After reading this excellent question, it seems that thermal issues are currently one of the largest limiting factors in CPU design. What specifically is preventing forward progress with heat removal? Shouldn’t it be relatively simple to build better cooling mechanisms?

Why is it so hard to build cooler CPUs to begin with?

dalearn
  • 121
  • 6
  • Energy density inside a120W CPU with say 1mm square die is comparable to the energy density inside a fission reactor . – crasic Jul 29 '20 at 21:30
  • Die more like 20mm sq than 1mm sq. (Mostly cache, but...) –  Jul 29 '20 at 21:40
  • Maybe it is not a technology issue, but economics issue? Surely technology exists to conduct heat away from CPU cores to heatsink more efficiently (e.g. using artificial diamond as substrate), but maybe manufacturing it would make that single CPU so expensive that it's just cheaper to buy a rack filled with computers that have matching processing power. It also needs other infrastructure and standards around it, e.g. motherboards that can provide 240W to a CPU instead of 120W, heatsinks that can dissipate double the power, power supplies that can provide double the power on CPU supplies. – Justme Jul 29 '20 at 21:52
  • Infrastructure - imaging few million gamers, who don't know which end of a screwdriver to hold in their hand, having to change the radiator fluid in their tower PC ... – AnalogKid Jul 29 '20 at 21:59
  • Performance increases with TMSC's 7nm litho has given AMD an advantage over Intel with uses reduces Miller capacitance which affects heat dissipate per switched gate. Intel's ***[Coffe Lake S][1]*** is 14 nm litho with a 149 mm² die and unknown layer thickness both which affect the thermal conductivity limit of ***~1'C/mm²-W*** +/-50 %(est.) depending on water or air cooled.

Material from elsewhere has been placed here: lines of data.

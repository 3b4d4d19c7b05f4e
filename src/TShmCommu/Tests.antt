-- ===== src/TShmCommu/Tests.antt =====
-- CTShmCommu at concrete inputs.
use spp_server_frame_work.Base.{◌≡◌, refl, inl, Bool, true, List, [], ◌∷◌, some, arith, sub32}
use spp_server_frame_work.Delay.{Timeval}
use spp_server_frame_work.ShmMq.{ShmMq, Blob, success, got, is_stale}
use spp_server_frame_work.ShmMq.Refine.{Queues, message}
use spp_server_frame_work.TShmCommu.{
  Callback, cb_recvdata, Event, called, TShmCommu, poll, sendto, attached, check_expire,
}
use spp_server_frame_work.TShmCommu.Expire.{
  find, keep_fresh, timeouts, find-check_expire, check_expire-again,
}
use spp_server_frame_work.TShmCommu.Traffic.{poll-sendto}

abbrev empty_ring : ShmMq
empty_ring = record {
  head = 0;
  tail = 0;
  block = λ i. 7;
  blocksize = 60;
  msg_timeout = 0;
  shmkey = 1;
  shmid = 1;
  shmsize = 68;
}

empty_ring-Queues : Queues empty_ring []
empty_ring-Queues = record {
  small = omega arith;
  head_in = omega arith;
  tail_in = omega arith;
  room = omega arith;
  ends = inl (omega arith);
  bytes = λ k h. absurd (omega arith);
  sendable = tt;
}

abbrev all_registered : Callback → Bool
all_registered = λ cb. true

abbrev server : TShmCommu
server = record {
  producer = empty_ring;
  comsumer = empty_ring;
  buff = [];
  expiretime = 10;
  lastchecktime = 1000;
  expiremap = (4, 1020) ∷ (6, 1090) ∷ [];
}

abbrev late_server : TShmCommu
late_server = record server { expiremap = (4, 1020) ∷ (6, 1030) ∷ [] }

abbrev noon : Timeval
noon = record { tv_sec = 1_000; tv_usec = 5 }

abbrev hello : Blob
hello = record { content = 1 ∷ 2 ∷ 3 ∷ []; extdata = []; ext_type = 0 }

find-check_expire_example :
    find 4 ((check_expire all_registered 1100 server).0.expiremap)
    ≡ keep_fresh (sub32 1100 10) (find 4 server.expiremap)
unfolding find
find-check_expire_example =
    find-check_expire all_registered 1100 server 4 6 1090 (omega arith)
      (omega arith, (omega arith, tt)) refl (omega arith)

check_expire-again_example :
    (let (c1, first) = check_expire all_registered 1100 late_server in
      let (c2, second) = check_expire all_registered 1200 c1 in
      (first ≡ timeouts all_registered [] late_server.expiremap)
      × (second ≡ first)
      × (c2.expiremap ≡ late_server.expiremap))
check_expire-again_example =
    check_expire-again all_registered 1100 1200 late_server (omega arith) (omega arith)
      (omega arith) (omega arith) (omega arith, (omega arith, tt))

poll-sendto_example :
    (let (ret, a', sent) = sendto all_registered noon 9 hello server in
      let b1 = record server { comsumer = attached a'.producer empty_ring } in
      (ret ≡ success)
      × ((b' : TShmCommu) × (later : List Event) × (poll all_registered 2 (λ n. noon) 1000 b1
            ≡ some (got (message hello 9 0 noon), b', called cb_recvdata 9 hello.content ∷ later))))
unfolding is_stale
poll-sendto_example =
    poll-sendto all_registered noon 9 hello server server (λ n. noon) 1000 empty_ring-Queues
      (omega arith) (omega arith, omega arith) (omega arith) (inl refl) refl
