-- ===== src/Lib.antt =====
-- incrementalmerkletree: Merkle trees that grow at the right, as positions, addresses, frontiers
-- and prunable trees. Two crates of the repository are modelled; the hash is a parameter of which
-- nothing is assumed.
--
-- incrementalmerkletree/src/lib.rs:
--   Retention.antt (Retention, Marking, Source), Level.antt, Position.antt, Address.antt,
--   WitnessAddrs.antt (the iterator of Position::witness_addrs), Hashable.antt (the trait and
--   MerklePath).
-- incrementalmerkletree/src/frontier.rs:
--   Frontier.antt (NonEmptyFrontier), Frontier/Bounded.antt (Frontier, of a depth),
--   CommitmentTree.antt (the legacy tree and PathFiller).
-- incrementalmerkletree/src/witness.rs: IncrementalWitness.antt.
-- shardtree/src/tree.rs: ShardTree/Tree.antt (Tree with its Node), ShardTree/Located.antt.
-- shardtree/src/prunable.rs:
--   ShardTree/Flags.antt (RetentionFlags), ShardTree/Prunable.antt (PrunableTree),
--   ShardTree/Prunable/Located.antt (queries, witnesses, truncation, frontiers),
--   ShardTree/Prunable/Located/Insert.antt (insert_subtree), and
--   ShardTree/Prunable/Located/FrontierNodes.antt (from_frontier_parts, clear_flags).
-- shardtree/src/batch.rs, and append of shardtree/src/prunable.rs:
--   ShardTree/Prunable/Located/Batch.antt; the loop of ShardTree::batch_insert stands in
--   ShardTree/Sharded/Insert.antt.
-- shardtree/src/store.rs: ShardTree/Store.antt (Checkpoint, TreeState) and
--   ShardTree/Store/Interface.antt (the trait ShardStore as a record of operations).
-- shardtree/src/store/memory.rs: ShardTree/Store/Memory.antt.
-- shardtree/src/store/caching.rs: ShardTree/Store/Caching.antt (load, flush) and
--   ShardTree/Store/Caching/Operations.antt.
-- shardtree/src/lib.rs, the methods of ShardTree:
--   ShardTree/Sharded.antt (addresses, errors, marked leaves), ShardTree/Sharded/FromShards.antt
--   (root_from_shards), ShardTree/Sharded/Root.antt (root_internal, root, root_caching),
--   ShardTree/Sharded/Excess.antt (prune_excess_checkpoints), ShardTree/Sharded/Checkpoints.antt
--   (checkpoint, truncation, remove_mark), ShardTree/Sharded/Insert.antt (insert, append,
--   insert_frontier, insert_tree), ShardTree/Sharded/Query.antt (roots and witnesses at
--   checkpoints, frontier). Where a name was taken, a method has a longer one: insert is
--   insert_root, checkpoint is add_tip_checkpoint, marked_positions is marked_positions_of, and
--   frontier is tree_frontier.
--
-- A function of the source keeps its name; a method is a function of its receiver. Numbers are
-- native, and where u8 or u64 wraps around in a release build, `u8`, `u64`, `shl` and `shr` of
-- Prelude/Words.antt say so. A panic is `none`, an error is `err` of a Result or, where the
-- source has Option, `none`. Mutation is the return of the new state. Loops over the bits of an
-- index have fuel: 65 rounds for Address::current_incomplete, as an index of 64 bits has at most
-- 64 trailing ones, and as many rounds for the search of the next right child in
-- from_frontier_parts; ShardTree::batch_insert has as many rounds as there are values, since each
-- takes one; the other loops run for a number of levels known at the start.
--
-- A shard tree keeps all its state in a store: the shards, the cap above them and the checkpoints. A
-- method is an effect on the store (ShardTree/Store/Effect.antt): it returns a value or an error with
-- the store as it then is, since an error does not take back what was written before. The methods
-- work on any record of the operations of ShardStore; the store in memory and the caching store fill
-- it. BTreeMap and BTreeSet are lists in the order of a key (OrderedMap.antt).
--
-- The specification of all the trees is the complete binary tree over a sequence of leaves
-- (Hashable/Node.antt): `node f k i` is the value at level `k` and index `i`. A frontier stands for
-- the list of the leaves appended so far (Frontier/Bounded/Leaves.antt), a commitment tree for the
-- first leaves of a sequence (CommitmentTree/Holds.antt). A prunable tree stands for
-- a sequence of leaves of which it knows some nodes (ShardTree/Prunable/Sound.antt), and keeps the
-- marked ones of level 0 (ShardTree/Prunable/Sound/Marked.antt). The caching store has the store
-- behind it as its specification.
--
-- Not modelled: the pretty printers, serialization, generators for tests, the legacy witnesses of
-- ShardTree (shardtree/src/legacy.rs), bridgetree, and incrementalmerkletree-testing. Logging and
-- clones leave no trace in the model.
pub mod Prelude
pub mod Retention
pub mod Level
pub mod Position
pub mod Address
pub mod Hashable
pub mod OrderedMap
pub mod WitnessAddrs
pub mod Frontier
pub mod CommitmentTree
pub mod IncrementalWitness
pub mod ShardTree
pub mod Tests
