-- ===== src/Prelude/Lists.antt =====
-- Lists measured and indexed by native numbers, under the library's names, and chains of `Option`.
use Prim.Native.Nat.{ℕ, zero, suc, ◌+◌}
use mathlib.Core.Path.{◌≡◌, refl, ap}
use mathlib.Core.Logic.{◌≢◌}
use mathlib.Core.List.{List, [], ◌∷◌, ◌++◌}
use mathlib.Core.Bool.{Bool}
use mathlib.Core.Option.{Option, none, some}
use native.Mathlib.Omega.{arith}
use incrementalmerkletree.Prelude.Tests.{if◌then◌else◌}

module _ {ℓ} {A : Type ℓ} where
  abbrev pub length : List A → ℕ
  length [] = 0
  length (x ∷ xs) = suc (length xs)

  abbrev pub get_elem? : List A → ℕ → Option A
  get_elem? [] i = none
  get_elem? (x ∷ xs) zero = some x
  get_elem? (x ∷ xs) (suc i) = get_elem? xs i

  abbrev pub get_or : List A → ℕ → A → A
  get_or [] i d = d
  get_or (x ∷ xs) zero d = x
  get_or (x ∷ xs) (suc i) d = get_or xs i d

  abbrev pub set : List A → ℕ → A → List A
  set [] i v = []
  set (x ∷ xs) zero v = v ∷ xs
  set (x ∷ xs) (suc i) v = x ∷ set xs i v

  abbrev pub take : ℕ → List A → List A
  take zero xs = []
  take (suc n) [] = []
  take (suc n) (x ∷ xs) = x ∷ take n xs

  abbrev pub drop : ℕ → List A → List A
  drop zero xs = xs
  drop (suc n) [] = []
  drop (suc n) (x ∷ xs) = drop n xs

  abbrev pub filter : (A → Bool) → List A → List A
  filter p [] = []
  filter p (x ∷ xs) = let rest = filter p xs in if p x then x ∷ rest else rest

  abbrev pub is_empty : List A → Bool
  is_empty [] = Bool.true
  is_empty (x ∷ xs) = Bool.false

  -- The elements present in a list of optional ones.
  abbrev pub flatten_options : List (Option A) → List A
  flatten_options [] = []
  flatten_options (none ∷ xs) = flatten_options xs
  flatten_options (some x ∷ xs) = x ∷ flatten_options xs

  abbrev pub reverse : List A → List A
  reverse [] = []
  reverse (x ∷ xs) = reverse xs ++ (x ∷ [])

  pub length-append : (xs ys : List A) → length (xs ++ ys) ≡ length xs + length ys
  length-append [] ys = omega arith
  length-append (x ∷ xs) ys = omega (arith, length-append xs ys)

module _ {ℓ} {A : Type ℓ} where
  -- Where `drop` shows a head, indexing finds it.
  pub get_elem?-drop :
      (i : ℕ) (xs : List A) {y : A} {ys : List A} → drop i xs ≡ y ∷ ys → get_elem? xs i ≡ some y
  get_elem?-drop zero [] h = cc
  get_elem?-drop zero (x ∷ xs) h = cc
  get_elem?-drop (suc i) [] h = cc
  get_elem?-drop (suc i) (x ∷ xs) h = get_elem?-drop i xs h

  pub drop-suc :
      (i : ℕ) (xs : List A) {y : A} {ys : List A} → drop i xs ≡ y ∷ ys → drop (suc i) xs ≡ ys
  drop-suc zero [] h = cc
  drop-suc zero (x ∷ xs) h = cc
  drop-suc (suc i) [] h = cc
  drop-suc (suc i) (x ∷ xs) h = drop-suc i xs h

-- Chains of steps that may fail: a failure is a panic of the source, or its `None`.
infixl 5 ◌>>=◌
abbrev pub ◌>>=◌ {ℓ κ} : {A : Type ℓ} {B : Type κ} → Option A → (A → Option B) → Option B
none >>= f = none
some a >>= f = f a

-- A chain goes on from the result of its first step.
pub >>=-some {ℓ κ} :
    {A : Type ℓ} {B : Type κ} {m : Option A} {a : A}
    → m ≡ some a
    → (f : A → Option B) → (m >>= f) ≡ f a
>>=-some e f = ap (λ o. o >>= f) e

-- `map` under an optional result.
abbrev pub fmap {ℓ κ} : {A : Type ℓ} {B : Type κ} → (A → B) → Option A → Option B
fmap f none = none
fmap f (some a) = some (f a)

abbrev pub or_else {ℓ} : {A : Type ℓ} → Option A → Option A → Option A
or_else none b = b
or_else (some a) b = some a

abbrev pub is_some {ℓ} : {A : Type ℓ} → Option A → Bool
is_some none = Bool.false
is_some (some a) = Bool.true

abbrev pub is_none {ℓ} : {A : Type ℓ} → Option A → Bool
is_none none = Bool.true
is_none (some a) = Bool.false

-- A loop over a list whose body may stop.
abbrev pub foldl_option {ℓ κ} :
    {S : Type ℓ} {A : Type κ} → (S → A → Option S) → S → List A → Option S
foldl_option f s [] = some s
foldl_option f s (x ∷ xs) = f s x >>= λ t. foldl_option f t xs

-- The results of all the calls, if none stops.
abbrev pub map_option {ℓ κ} : {A : Type ℓ} {B : Type κ} → (A → Option B) → List A → Option (List B)
map_option f [] = some []
map_option f (x ∷ xs) = f x >>= λ y. map_option f xs >>= λ ys. some (y ∷ ys)

-- `Result`, with the error first.
pub data Result {ℓ κ} (E : Type ℓ) (A : Type κ) : Type (ℓ ⊔ κ) where
  ok : A → Result E A
  err : E → Result E A

abbrev pub map_ok {ℓ κ μ} :
    {E : Type ℓ} {A : Type κ} {B : Type μ} → (A → B) → Result E A → Result E B
map_ok f (ok a) = ok (f a)
map_ok f (err e) = err e

abbrev pub and_then {ℓ κ μ} :
    {E : Type ℓ} {A : Type κ} {B : Type μ} → Result E A → (A → Result E B) → Result E B
and_then (ok a) f = f a
and_then (err e) f = err e

pub fmap_comp {ℓ κ μ} :
    {A : Type ℓ} {B : Type κ} {C : Type μ} (g : A → B) (f : B → C) (o : Option A)
    → fmap (λ a. f (g a)) o ≡ fmap f (fmap g o)
fmap_comp g f none = refl
fmap_comp g f (some a) = refl

-- The next step of a fallible computation that may also panic.
infixl 5 ◌>>?◌
abbrev pub ◌>>?◌ {ℓ κ μ} :
    {E : Type ℓ} {A : Type κ} {B : Type μ}
    → Option (Result E A)
    → (A → Option (Result E B))
    → Option (Result E B)
none >>? f = none
some (err e) >>? f = some (err e)
some (ok a) >>? f = f a

abbrev pub map_err {ℓ κ μ} :
    {E : Type ℓ} {F : Type κ} {A : Type μ} → (E → F) → Result E A → Result F A
map_err f (ok a) = ok a
map_err f (err e) = err (f e)

pub >>?-ok {ℓ κ μ} :
    {E : Type ℓ} {A : Type κ} {B : Type μ} {m : Option (Result E A)} {a : A}
    → m ≡ some (ok a)
    → (f : A → Option (Result E B)) → (m >>? f) ≡ f a
>>?-ok e f = ap (λ o. o >>? f) e

pub >>?-err {ℓ κ μ} :
    {E : Type ℓ} {A : Type κ} {B : Type μ} {m : Option (Result E A)} {e : E}
    → m ≡ some (err e)
    → (f : A → Option (Result E B)) → (m >>? f) ≡ some (err e)
>>?-err e f = ap (λ o. o >>? f) e

-- `Result::ok`.
abbrev pub to_option {ℓ κ} : {E : Type ℓ} {A : Type κ} → Result E A → Option A
to_option (ok a) = some a
to_option (err e) = none

pub some_ne_none {ℓ} : {A : Type ℓ} {a : A} → some a ≢ none
some_ne_none e = cc

pub some_injective {ℓ} : {A : Type ℓ} {a b : A} → some a ≡ some b → a ≡ b
some_injective e = cc

abbrev pub NonEmpty {ℓ} : {A : Type ℓ} → List A → Type 0
NonEmpty [] = ⊥
NonEmpty (a ∷ xs) = Unit

pub NonEmpty-++ {ℓ} : {A : Type ℓ} → (xs ys : List A) → NonEmpty xs → NonEmpty (xs ++ ys)
NonEmpty-++ [] ys some_first = elim some_first [ ]
NonEmpty-++ (a ∷ xs) ys some_first = tt
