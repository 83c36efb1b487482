-- ===== src/Prelude/Indexing.antt =====
-- Lists read and written by index.
use Prim.Native.Nat.{ℕ, zero, suc, ◌+◌, ◌<◌, ◌≤◌}
use mathlib.Core.Path.{◌≡◌, refl, ap, ◌∙◌}
use mathlib.Core.Logic.{◌≢◌}
use mathlib.Core.List.{List, [], ◌∷◌, ◌++◌}
use mathlib.Core.Option.{none, some}
use native.Mathlib.Omega.{arith}
use incrementalmerkletree.Prelude.Lists.{length, get_elem?, set, take}

pub suc-add : (a b : ℕ) → suc a + b ≡ suc (a + b)
suc-add a b = omega arith

pub zero-add : (a : ℕ) → 0 + a ≡ a
zero-add a = omega arith

pub add-zero : (a : ℕ) → a ≡ a + 0
add-zero a = omega arith

pub suc-add-suc : (a b : ℕ) → suc a + b ≡ a + suc b
suc-add-suc a b = omega arith

module _ {ℓ} {A : Type ℓ} where
  pub length-set : (xs : List A) (i : ℕ) (x : A) → length (set xs i x) ≡ length xs
  length-set [] i x = refl
  length-set (y ∷ xs) zero x = refl
  length-set (y ∷ xs) (suc i) x = ap suc (length-set xs i x)

  pub get_elem?-set_same :
      (xs : List A) (i : ℕ) (x : A) → i < length xs → get_elem? (set xs i x) i ≡ some x
  get_elem?-set_same [] i x h = absurd (omega arith)
  get_elem?-set_same (y ∷ xs) zero x h = refl
  get_elem?-set_same (y ∷ xs) (suc i) x h = get_elem?-set_same xs i x (omega arith)

  pub get_elem?-set_other :
      (xs : List A) (i j : ℕ) (x : A) → i ≢ j → get_elem? (set xs i x) j ≡ get_elem? xs j
  get_elem?-set_other [] i j x ne = refl
  get_elem?-set_other (y ∷ xs) zero zero x ne = absurd (ne refl)
  get_elem?-set_other (y ∷ xs) zero (suc j) x ne = refl
  get_elem?-set_other (y ∷ xs) (suc i) zero x ne = refl
  get_elem?-set_other (y ∷ xs) (suc i) (suc j) x ne =
      get_elem?-set_other xs i j x (λ e. ne (ap suc e))

  pub get_elem?-append_lt :
      (xs ys : List A) (i : ℕ) → i < length xs → get_elem? (xs ++ ys) i ≡ get_elem? xs i
  get_elem?-append_lt [] ys i h = absurd (omega arith)
  get_elem?-append_lt (x ∷ xs) ys zero h = refl
  get_elem?-append_lt (x ∷ xs) ys (suc i) h = get_elem?-append_lt xs ys i (omega arith)

  pub get_elem?-append_ge :
      (xs ys : List A) (k : ℕ) → get_elem? (xs ++ ys) (length xs + k) ≡ get_elem? ys k
  get_elem?-append_ge [] ys k = ap (get_elem? ys) (omega arith)
  get_elem?-append_ge (x ∷ xs) ys k =
      ap (get_elem? (x ∷ (xs ++ ys))) (suc-add (length xs) k) ∙ get_elem?-append_ge xs ys k

  pub get_elem?-length : (xs : List A) (k : ℕ) → length xs ≤ k → get_elem? xs k ≡ none
  get_elem?-length [] k h = refl
  get_elem?-length (x ∷ xs) zero h = absurd (omega arith)
  get_elem?-length (x ∷ xs) (suc k) h = get_elem?-length xs k (omega arith)

  pub length-take : (n : ℕ) (xs : List A) → length (take n xs) ≤ length xs
  length-take zero xs = omega arith
  length-take (suc n) [] = omega arith
  length-take (suc n) (x ∷ xs) = omega (arith, length-take n xs)
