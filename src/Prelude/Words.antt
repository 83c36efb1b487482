-- ===== src/Prelude/Words.antt =====
-- `u8` and `u64` arithmetic of a build without overflow checks: sums and left shifts wrap, and
-- the distance of a shift counts modulo 64.
use Prim.Native.Nat.{ℕ, zero, suc, ◌-◌, ◌*◌, ◌/◌, ◌%◌, ◌^◌, ◌<◌}
use mathlib.Core.Path.{◌≡◌}
use native.Mathlib.Nat.{mod-eq_of_lt}
use incrementalmerkletree.Prelude.Tests.{◌==◌}
use mathlib.Core.Bool.{true, false}

abbrev pub u8 : ℕ → ℕ
u8 n = n % 2 ^ 8

abbrev pub u64 : ℕ → ℕ
u64 n = n % 2 ^ 64

unfoldable pub shl : ℕ → ℕ → ℕ
shl x k = u64 (x * 2 ^ (k % 64))

unfoldable pub shr : ℕ → ℕ → ℕ
shr x k = x / 2 ^ (k % 64)

-- `u64::BITS - x.leading_zeros()`, by halving at most 64 times.
unfoldable pub bits_used : ℕ → ℕ → ℕ
bits_used zero x = 0
bits_used (suc f) x = elim (x == 0) [ true ↦ 0 | false ↦ suc (bits_used f (x / 2)) ]

unfoldable pub leading_zeros : ℕ → ℕ
unfolding bits_used
leading_zeros x = 64 - bits_used 64 x

pub shl-lt : (x k : ℕ) → k < 64 → x * 2 ^ k < 2 ^ 64 → shl x k ≡ x * 2 ^ k
unfolding shl
shl-lt x k h fits = rw (mod-eq_of_lt h) (mod-eq_of_lt fits)

pub shr-lt : (x k : ℕ) → k < 64 → shr x k ≡ x / 2 ^ k
unfolding shr
shr-lt x k h = rw (mod-eq_of_lt h)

AMD's ***Ryzen 3900X 12C 7nm*** now has the advantage with 105W max and 142W pk – Tony Stewart EE75 Jul 29 '20 at 22:14
  • It's not so much that CPU's that produce heat and that it's hard to remove, it's that they waste energy, and that costs money. The more you have to cool a CPU, the more money you need to spend (LN2 gets expensive) – Voltage Spike Jul 29 '20 at 22:19
  • By cooling mechanisms you are probably thinking of heatsinks, fans, and water cooling, but those all go on the outside of the chip and it takes time for heat to travel from inside to outside. If heat is being generated in the chip faster than it can be removed, it accumulates inside the chip until the chip heats up enough so the increased thermal gradient is shoving heat out of the chip as fast as it is being generated. How do you fit those cooling mechanisms where they need to go which is basically everywhere inside the chip next to every heat source? And how do you lead the heat out? – DKNguyen Jul 29 '20 at 22:21
  • The alternative is to increase surface area but now everything is far apart so distances is larger so everything is slower, or fit more more stuff into the same area without increasing power density but when you're down to only atoms thick and increasing leakage, density, and capacitance, that's kind of difficult to do – DKNguyen Jul 29 '20 at 22:22
  • It's easy to build a cooler CPU. Use a larger gate size, run it at a lower clock rate, and generally reduce the die size by simplifying the design. You end up with something like the Microchip PIC range that can run at 1W. – Simon B Jul 29 '20 at 22:22

1 Answers1

1

Its hard to build cooler CPUs, because the successful use of the gates and flipflops and static_RAM and the data_movement busses are all

OVER DESIGNED

for performance margin.

You may need a 7picoSecond NAND gate. But because of variations in the doping (which with 2020 and earlier CPUs, was already a problem), you design it for 4 picoSeconds +- 1pS (as example). The gate has to charge and discharge the metal_metal capacitance of its output metallization that runs very near other pieces of metal that may be switching in the OPPOSITE DIRECTION, thus our little gate has to do the work of two gates so far as handling parasitics (this is a matter of routing, correctable if the human/tool bothered to detect this timing challenge.).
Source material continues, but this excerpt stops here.